Subsection 45.4.1 Hertz's Experiment For Production And Detection Of EM Waves

After Maxwell predicted the existence of the electromagnetic waves in 1873, many scientists tried to produce them in the laboratory. The first person to succeed was the German physicist Heinrich Hertz who produced and detected radio waves in 1888. Hertz's equipment consisted of a radiator and a detector/receiver, a replica of which is shown in Figure 45.4.1.

Figure 45.4.1. A replica of Heinrich Hertz'e apparatus for production and detection of radio waves. Photo courtesy of http://www.sparkmuseum.com/HERTZ.HTM.

The radiator was a pair of one-meter rods with a spark gap in the center and two large spheres at the other ends of the wires to adjust the capacitance for resonance condition. The rods were connected to an induction coil that supplied a high voltage. The receiver was simply a loop of wire with a small gap. When the rods of the radiator setup were given strong enough voltage, a spark was generated across the gap and the current would oscillate back and forth across the gap and along the rods.

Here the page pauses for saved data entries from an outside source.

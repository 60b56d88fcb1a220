-- ===== src/Verifier/Decided.antt =====
-- `Verifier::step` of lib/bombadil/src/specification/verifier.rs over all properties.
use bombadil.Common.{
  ℕ, suc, Bool, true, false, not, ◌||◌, String, Option, List, [], ◌∷◌, ◌++◌, ◌≡◌, refl, ap, arith,
}
use bombadil.Common.Run.{Returns, return-Returns, >>=-Returns}
use bombadil.Ltl.Domain.{Domain}
use bombadil.Ltl.Formula.{Formula}
use bombadil.Ltl.Value.{Value}
use bombadil.Ltl.Eval.{EvaluateThunk}
use bombadil.Ltl.Semantics.{Meaning}
use bombadil.Ltl.Semantics.Evaluate.{Answers}
use bombadil.Verifier.{
  PropertyState, Property, StepResult, Runtime, is_pending, any_pending, report_of, step_properties,
  generate_all, evaluate_thunk, step,
}
use bombadil.Verifier.Follow.{IsSettled, Tracks, is_violation, is_reported, step_state-Follows}

-- A property's formula, and whether some state has violated it.
abbrev pub Standing : Domain → Type 0
Standing D = Formula D × Bool

module _ {D : Domain} where
  abbrev pub advanced : List (Standing D) → List (Option (Value D)) → List (Standing D)
  advanced ((f, violated) ∷ standings) (verdict ∷ verdicts) =
      (f, violated || is_violation verdict) ∷ advanced standings verdicts
  advanced _ _ = []

  -- The reports of the properties that a verdict was reached for.
  abbrev pub named : List (Property D) → List (Option (Value D)) → List (String × Value D)
  named (p ∷ ps) (verdict ∷ verdicts) = report_of p.name verdict ++ named ps verdicts
  named _ _ = []

  -- There is a verdict for each property that was pending, and for no other.
  abbrev pub AllReported : List (Property D) → List (Option (Value D)) → Type 0
  AllReported [] [] = Unit
  AllReported (p ∷ ps) (verdict ∷ verdicts) =
      (is_reported verdict ≡ is_pending p.state) × AllReported ps verdicts
  AllReported _ _ = ⊥

  abbrev pub names : List (Property D) → List String
  names [] = []
  names (p ∷ ps) = p.name ∷ names ps

module _ {D : Domain} (meaning : Meaning D) (fuel : ℕ) where
  -- Each property is followed, as `Tracks` says.
  abbrev pub AllTrack : ℕ → List (Standing D) → List (Property D) → Type 0
  AllTrack i [] [] = Unit
  AllTrack i ((f, violated) ∷ standings) (p ∷ ps) =
      Tracks meaning fuel f violated i p.state × AllTrack i standings ps
  AllTrack i _ _ = ⊥

  -- After the state at the position `i`: one verdict for each property, or none.
  pub record After (i : ℕ) (standings : List (Standing D)) (ps : List (Property D))
      (result : List (String × Value D) × List (Property D)) : Type 0 where
    pub verdicts : List (Option (Value D))
    pub reported : result.0 ≡ named ps verdicts
    pub same_names : names result.1 ≡ names ps
    pub pending_reported : AllReported ps verdicts
    pub tracks : AllTrack (suc i) (advanced standings verdicts) result.1

  -- No formula depends on how the trace goes on after the position `i`: one that was violated is
  -- false, any other is true.
  abbrev pub AllSettled : ℕ → List (Standing D) → Type 0
  AllSettled i [] = Unit
  AllSettled i ((f, violated) ∷ standings) =
      IsSettled meaning fuel f i (not violated) × AllSettled i standings

  state_settled :
      (i : ℕ) (f : Formula D) (violated : Bool) (state : PropertyState D)
      → Tracks meaning fuel f violated (suc i) state
      → is_pending state ≡ false
      → IsSettled meaning fuel f i (not violated)
  state_settled i f violated (PropertyState.initial _) h e = absurd h
  state_settled i f false (PropertyState.residual _) h e = cc
  state_settled i f true (PropertyState.residual _) h e = cc
  state_settled i f false PropertyState.definitely_true h e = h
  state_settled i f true PropertyState.definitely_true h e = h
  state_settled i f false PropertyState.definitely_false h e = absurd h
  state_settled i f true PropertyState.definitely_false h e = h

  or_false_both : (a b : Bool) → (a || b) ≡ false → (a ≡ false) × (b ≡ false)
  or_false_both a b e = ground (arith, e)

  -- If no property is pending after the state at the position `i`, then every formula is settled.
  none_pending :
      (i : ℕ) (standings : List (Standing D)) (ps : List (Property D))
      → AllTrack (suc i) standings ps
      → any_pending ps ≡ false
      → AllSettled i standings
  unfolding any_pending
  none_pending i [] [] h e = tt
  none_pending i [] (p ∷ ps) h e = absurd h
  none_pending i (s ∷ standings) [] h e = absurd h
  none_pending i ((f, violated) ∷ standings) (p ∷ ps) h e =
      let (stopped, rest) = or_false_both (is_pending p.state) (any_pending ps) e in
      (state_settled i f violated p.state (h.0) stopped, none_pending i standings ps (h.1) rest)

module _ {D : Domain} {W E : Type 0} (thunks : ℕ → EvaluateThunk D W E) (meaning : Meaning D)
    (answers : Answers thunks meaning) (fuel : ℕ) where
  step_properties-After :
      (i : ℕ) (time : D.Time) (standings : List (Standing D)) (ps : List (Property D))
      → AllTrack meaning fuel i standings ps
      → Returns (step_properties (thunks i) fuel time ps) (After meaning fuel i standings ps)
  unfolding step_properties
  step_properties-After i time [] [] h = return-Returns _ _ (record {
    verdicts = [];
    reported = refl;
    same_names = refl;
    pending_reported = tt;
    tracks = tt;
  })
  step_properties-After i time [] (p ∷ ps) h = absurd h
  step_properties-After i time (s ∷ standings) [] h = absurd h
  step_properties-After i time ((f, violated) ∷ standings) (p ∷ ps) h =
      >>=-Returns _ _ _ _
        (step_state-Follows thunks meaning answers fuel f i time violated p.state (h.0))
        λ r follows.
          >>=-Returns _ _ _ _ (step_properties-After i time standings ps (h.1)) λ rest after.
            return-Returns _ _ (record {
              verdicts = r.0 ∷ after.verdicts;
              reported = ap (report_of p.name (r.0) ++◌) after.reported;
              same_names = ap (p.name ∷◌) after.same_names;
              pending_reported = (follows.1, after.pending_reported);
              tracks = (follows.0, after.tracks);
            })

module _ {D : Domain} {Snapshot Js G A W E : Type 0} (runtimes : ℕ → Runtime D Snapshot Js G A W E)
    (snapshots : ℕ → List Snapshot) (meaning : Meaning D) where
  -- At each position the extractors are updated and the generators run without an error, and each
  -- thunk returns what `meaning` gives it.
  pub record Runs : Type 0 where
    pub updates : (i : ℕ) → Returns ((runtimes i).update_from_snapshots (snapshots i)) (λ _. Unit)
    pub generates : (i : ℕ) (g : G) → Returns ((runtimes i).generate g) (λ _. Unit)
    pub answers : Answers (λ i. evaluate_thunk (runtimes i) (snapshots i)) meaning

  generate_all-Returns :
      (i : ℕ)
      → ((g : G) → Returns ((runtimes i).generate g) (λ _. Unit))
      → (gs : List G) → Returns (generate_all (runtimes i).generate gs) (λ _. Unit)
  unfolding generate_all
  generate_all-Returns i h [] = return-Returns _ _ tt
  generate_all-Returns i h (g ∷ gs) =
      >>=-Returns _ _ _ _ (h g)
        λ t _. >>=-Returns _ _ _ _ (generate_all-Returns i h gs) λ bs _. return-Returns _ _ tt

  module _ (fuel : ℕ) where
    -- The result of the state at the position `i`, and the properties after it.
    pub record Steps (i : ℕ) (standings : List (Standing D)) (ps : List (Property D))
        (result : StepResult D A × List (Property D)) : Type 0 where
      pub after : After meaning fuel i standings ps (result.0.properties, result.1)
      pub stops_settled :
          result.0.has_pending ≡ false
          → AllSettled meaning fuel i (advanced standings after.verdicts)

    -- Where the runtime answers at every position, and formulas fit the fuel, a step of the verifier
    -- returns. It reports a verdict for each property that was pending and for no other, and follows
    -- every property.
    -- When it finds nothing pending, each formula is settled: false where a violation has been
    -- reported, and true elsewhere, however the trace goes on.
    pub step-Steps :
        Runs
        → (i : ℕ) (generators : List G) (time : D.Time) (standings : List (Standing D))
          (ps : List (Property D))
        → AllTrack meaning fuel i standings ps
        → Returns (step (runtimes i) fuel generators (snapshots i) time ps) (Steps i standings ps)
    unfolding step
    step-Steps runs i generators time standings ps h = >>=-Returns _ _ _ _ (runs.updates i) λ _ _.
        >>=-Returns _ _ _ _
          (step_properties-After (λ j. evaluate_thunk (runtimes j) (snapshots j)) meaning
            runs.answers fuel i time standings ps h)
          λ r after.
            >>=-Returns _ _ _ _ (generate_all-Returns i (runs.generates i) generators) λ bs _.
              return-Returns _ _ (record {
                after = after;
                stops_settled =
                    none_pending meaning fuel i (advanced standings after.verdicts) r.1
                      after.tracks;
              })
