-- ===== src/Verifier/Persist.antt =====
-- One property of `Verifier::step` of lib/bombadil/src/specification/verifier.rs over many states of
-- the page, where the property says that something is always so.
use bombadil.Common.{ℕ, suc, Bool, true, not, Option, none, some, List, [], ◌∷◌, ◌≡◌, refl}
use bombadil.Common.Run.{Comp, Returns, return, return-Returns, >>=-Returns, ◌>>=◌}
use bombadil.Ltl.Domain.{Domain}
use bombadil.Ltl.Formula.{Formula}
use bombadil.Ltl.Value.{Value, Residual, Derived, assume_true}
use bombadil.Ltl.Combine.{always_value}
use bombadil.Ltl.Eval.{EvaluateThunk, evaluate, evaluate_always, step as evaluator_step}
use bombadil.Ltl.Semantics.{Meaning, holds}
use bombadil.Ltl.Semantics.Evaluate.{Answers}
use bombadil.Ltl.Semantics.Instant.{IsInstant, Decides, evaluate-Decides}
use bombadil.Verifier.{PropertyState, settle, settled, is_pending, step_state}
use bombadil.Verifier.Follow.{is_violation}

module _ {D : Domain} {W E : Type 0} (thunks : ℕ → EvaluateThunk D W E) (fuel : ℕ) where
  -- A property over states at the given times, the first at the position `i`: what is reported of
  -- it at each of them, and its state after them.
  unfoldable pub watch :
      ℕ → List D.Time → PropertyState D → Comp W E (List (Option (Value D)) × PropertyState D)
  watch i [] state = return ([], state)
  watch i (time ∷ times) state = do
    (report, state') ← step_state (thunks i) fuel time state
    (reports, last) ← watch (suc i) times state'
    return (report ∷ reports, last)

module _ {D : Domain} (meaning : Meaning D) where
  -- The reports from the position `i` on, one at each state: a violation where the formula is false,
  -- and something else where it holds.
  abbrev pub AllChecked : ℕ → Formula D → ℕ → List D.Time → List (Option (Value D)) → Type 0
  AllChecked fuel f i [] [] = Unit
  AllChecked fuel f i (time ∷ times) (some value ∷ reports) =
      ((n : ℕ) → is_violation (some value) ≡ not (holds meaning fuel f i n))
      × AllChecked fuel f (suc i) times reports
  AllChecked fuel f i _ _ = ⊥

module _ {D : Domain} where
  -- The state of a property that says that `f` is always so: all of it is left.
  data Watches (f : Formula D) (state : PropertyState D) : Type 0 where
    at_first : state ≡ PropertyState.initial (Formula.always f none) → Watches f state
    left :
        (start : D.Time)
        → state
          ≡ PropertyState.residual (Residual.derived (Derived.always start none f) assume_true)
        → Watches f state

  Watches-is_pending :
      (f : Formula D) (state : PropertyState D) → Watches f state → is_pending state ≡ true
  Watches-is_pending f state (at_first e) = rw e refl
  Watches-is_pending f state (left start e) = rw e refl

  -- What one state does: `g` tells whether the formula holds, for any number of later states.
  abbrev Checks : Formula D → (ℕ → Bool) → Option (Value D) × PropertyState D → Type 0
  Checks f g (none, state) = ⊥
  Checks f g (some value, state) =
      ((n : ℕ) → is_violation (some value) ≡ not (g n)) × Watches f state

  always_Checks :
      (f : Formula D) (start time : D.Time) (g : ℕ → Bool) (v : Value D)
      → ((n : ℕ) → Decides v (g n))
      → Checks f g (settled (always_value f start none time v))
  unfolding always_value settle
  always_Checks f start time g (Value.true_with _) h = ((λ n. rw (h n) refl), left start refl)
  always_Checks f start time g (Value.false_with _ none) h = ((λ n. rw (h n) refl), left start refl)
  always_Checks f start time g (Value.false_with _ (some _)) h = absurd (h 0)
  always_Checks f start time g (Value.residual _) h = absurd (h 0)

module _ {D : Domain} {W E : Type 0} (thunks : ℕ → EvaluateThunk D W E) (meaning : Meaning D)
    (answers : Answers thunks meaning) (fuel : ℕ) (f : Formula D)
    (instant : IsInstant meaning fuel f) where
  always-Checks :
      (i : ℕ) (start time : D.Time)
      → Returns
          (evaluate_always (evaluate (thunks i) fuel f time) f start none time >>= λ value.
            return (settled value))
          (Checks f (holds meaning fuel f i))
  unfolding evaluate_always
  always-Checks i start time =
      >>=-Returns _ _ _ _
        (>>=-Returns _ _ (λ v. (n : ℕ) → Decides v (holds meaning fuel f i n)) _
          (evaluate-Decides thunks meaning answers fuel f i time instant)
          λ v d.
            return-Returns _ (λ w. Checks f (holds meaning fuel f i) (settled w))
              (always_Checks f start time _ v d))
        λ v c. return-Returns _ _ c

  step_state-Checks :
      (i : ℕ) (time : D.Time) (state : PropertyState D)
      → Watches f state
      → Returns (step_state (thunks i) fuel time state) (Checks f (holds meaning fuel f i))
  unfolding step_state evaluate evaluator_step
  step_state-Checks i time state (at_first e) = rw e (always-Checks i time time)
  step_state-Checks i time state (left start e) = rw e (always-Checks i start time)

  -- A state and the states after it.
  then_Checked :
      (i : ℕ) (time : D.Time) (times : List D.Time) (r : Option (Value D) × PropertyState D)
      (rest : Comp W E (List (Option (Value D)) × PropertyState D))
      → Checks f (holds meaning fuel f i) r
      → (Watches f r.1
          → Returns rest (λ p. AllChecked meaning fuel f (suc i) times p.0 × Watches f p.1))
      → Returns {A = List (Option (Value D)) × PropertyState D}
          (rest >>= λ (reports, last). return (r.0 ∷ reports, last))
          (λ p. AllChecked meaning fuel f i (time ∷ times) p.0 × Watches f p.1)
  then_Checked i time times (none, state) rest c h = absurd c
  then_Checked i time times (some value, state) rest c h =
      >>=-Returns _ _ _ _ (h c.1) λ r a. return-Returns _ _ ((c.0, a.0), a.1)

  watch-Checked :
      (times : List D.Time) (i : ℕ) (state : PropertyState D)
      → Watches f state
      → Returns
          (watch thunks fuel i times state)
          (λ r. AllChecked meaning fuel f i times r.0 × Watches f r.1)
  unfolding watch
  watch-Checked [] i state h = return-Returns _ _ (tt, h)
  watch-Checked (time ∷ times) i state h =
      >>=-Returns _ _ _ _ (step_state-Checks i time state h)
        λ r c. then_Checked i time times r _ c (watch-Checked times (suc i) r.1)

  -- Where every thunk returns what `meaning` gives it, and the formula `f` is about one state: the
  -- property that `f` is always so, with no time bound, is evaluated at every one of any number of
  -- states, also after it was violated. At each of them a value is reported, which is a violation
  -- exactly if `f` is false at that state, and after them the property is still pending.
  pub watch-always :
      (times : List D.Time)
      → Returns
          (watch thunks fuel 0 times (PropertyState.initial (Formula.always f none)))
          (λ r. AllChecked meaning fuel f 0 times r.0 × (is_pending r.1 ≡ true))
  watch-always times host =
      let y = watch-Checked times 0 _ (at_first refl) host in
      record {
        value = y.value;
        host = y.host;
        runs = y.runs;
        meets = (y.meets.0, Watches-is_pending f y.value.1 y.meets.1);
      }
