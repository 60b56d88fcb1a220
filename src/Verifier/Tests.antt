-- ===== src/Verifier/Tests.antt =====
-- The theorems of `Verifier` at a small runtime: a snapshot is a number, and a thunk reads the first
-- one and returns whether it is not zero.
use bombadil.Common.{ℕ, ◌+◌, true, false, none, List, [], ◌∷◌, ◌≡◌, refl, ltb, ◌==◌}
use bombadil.Common.Run.{ok, Returns, return}
use bombadil.Tree.{leaf, branch, none_left}
use bombadil.Ltl.Domain.{Domain}
use bombadil.Ltl.Formula.{Formula}
use bombadil.Ltl.Syntax.{Syntax}
use bombadil.Ltl.Value.{Value, Residual, Derived, assume_true}
use bombadil.Ltl.Violation.{Violation}
use bombadil.Ltl.Eval.{evaluate}
use bombadil.Ltl.Semantics.{Meaning}
use bombadil.Ltl.Semantics.Nnf.{thunk_formula}
use bombadil.Verifier.{
  PropertyState, Property, Runtime, any_pending, generate_all, step_properties, evaluate_thunk,
  step, is_pending,
}
use bombadil.Verifier.Persist.{AllChecked, watch, watch-always}
use bombadil.Verifier.Decided.{Standing, Runs, Steps, step-Steps}

abbrev small : Domain
small = record {
  Function = ℕ;
  Time = ℕ;
  Duration = ℕ;
  State = ℕ;
  before = ltb;
  add = λ a b. a + b;
  default = 0;
  merge = λ a b. a + b;
  is_empty = λ s. s == 0;
}

-- The page shows the values 1, 1, 0, 0 and so on.
abbrev shows : ℕ → ℕ → Syntax small
shows i function = Syntax.pure (ltb i function) "shown"

abbrev runtimes : ℕ → Runtime small ℕ (Syntax small) ℕ ℕ ℕ ℕ
runtimes i = record {
  update_from_snapshots = λ snapshots calls. ok tt (calls + 1);
  call = λ function calls. ok (0 ∷ [], shows i function) (calls + 1);
  syntax_from_value = λ value. return value;
  collect = λ snapshots. 1;
  generate = λ generator. return (leaf generator);
}

abbrev snapshots : ℕ → List ℕ
snapshots i = i ∷ []

abbrev meaning : Meaning small
meaning i function negated = thunk_formula (shows i function) negated

runs : Runs runtimes snapshots meaning
unfolding evaluate_thunk
runs = record {
  updates = λ i calls. record { value = tt; host = calls + 1; runs = refl; meets = tt };
  generates = λ i g. λ calls. record { value = leaf g; host = calls; runs = refl; meets = tt };
  answers = λ i function negated calls. record {
    value = (meaning i function negated, 1);
    host = calls + 1;
    runs = refl;
    meets = refl;
  };
}

abbrev always_shown_inner : Formula small
always_shown_inner = Formula.thunk 2 false

abbrev always_shown : Formula small
always_shown = Formula.always always_shown_inner none

abbrev eventually_gone : Formula small
eventually_gone = Formula.eventually (Formula.thunk 1 true) none

abbrev properties : List (Property small)
properties =
    record { name = "shown"; state = PropertyState.initial always_shown }
    ∷ record { name = "gone"; state = PropertyState.initial eventually_gone }
    ∷ []

abbrev standings : List (Standing small)
standings = (always_shown, false) ∷ (eventually_gone, false) ∷ []

-- A page that shows 2 violates "shown", which stays pending.
violated_at_two :
    step
      (runtimes 2)
      1
      []
      (snapshots 2)
      30
      (record { name = "shown"; state = (PropertyState.initial always_shown) } ∷ [])
      0
    ≡ ok
        (
          record {
            properties =
                (
                  "shown",
                  Value.false_with
                      (Violation.always
                        (Violation.false_at 30 "shown" 1)
                        always_shown_inner
                        30
                        none
                        30)
                      none,
                )
                ∷ [];
            actions = branch none_left;
            has_pending = true;
          },
          record {
            name = "shown";
            state =
                PropertyState.residual
                  (Residual.derived (Derived.always 30 none always_shown_inner) assume_true);
          }
              ∷ [],
        )
        2
unfolding step evaluate_thunk thunk_formula evaluate step_properties generate_all any_pending
violated_at_two = refl

step-Steps_example :
    Returns
      (step (runtimes 0) 1 (7 ∷ []) (snapshots 0) 10 properties)
      (Steps runtimes snapshots meaning 1 0 standings properties)
unfolding thunk_formula
step-Steps_example =
    step-Steps runtimes snapshots meaning 1 runs 0 (7 ∷ []) 10 standings properties
      ((refl, (refl, (λ i. tt)), refl), ((refl, (refl, (λ i. tt)), refl), tt))

-- The page violates "shown" at the positions 2 and 3, and a violation is reported at both.
watch-always_example :
    Returns
      (watch
        (λ i. evaluate_thunk (runtimes i) (snapshots i))
        1
        0
        (10 ∷ 20 ∷ 30 ∷ 40 ∷ [])
        (PropertyState.initial always_shown))
      (λ r.
        AllChecked meaning 1 always_shown_inner 0 (10 ∷ 20 ∷ 30 ∷ 40 ∷ []) r.0
        × (is_pending r.1 ≡ true))
unfolding thunk_formula
watch-always_example =
    watch-always (λ i. evaluate_thunk (runtimes i) (snapshots i)) meaning runs.answers 1
      always_shown_inner (λ i. tt) (10 ∷ 20 ∷ 30 ∷ 40 ∷ [])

The receiver consisted of a loop of wire with a tiny gap. When an electromagnetic waves passes through the area of the loop, the magnetic field in the electromagnet wave would cause the magnetic flux to change which would result in an induced EMF in the wire. The induced EMF caused a spark across the tiny gap in the ring.

Hertz conducted many experiments measuring the wavelength and speed of these waves and showed that they travel at the predicted speed of light. He also showed that the radio waves refracted and reflected similar to light thus lending a strong support to Maxwell's assertion that the light was an electromagnetic wave. When his students asked what use can be made of this discovery, he apparently replied, “It's of no use whatsoever. This is just an experiment that proves Maestro Maxwell was right - we just have these mysterious electromagnetic waves that we cannot see with the naked eye. But they are there.” But, here we are today about 100 years later with our cell phones and WiFi none of which would be possible without Hertz's discoveries. To honor Hertz the unit of frequency Hertz (Hz) is named after Heinrich Hertz. One Hertz equals one cycle per second.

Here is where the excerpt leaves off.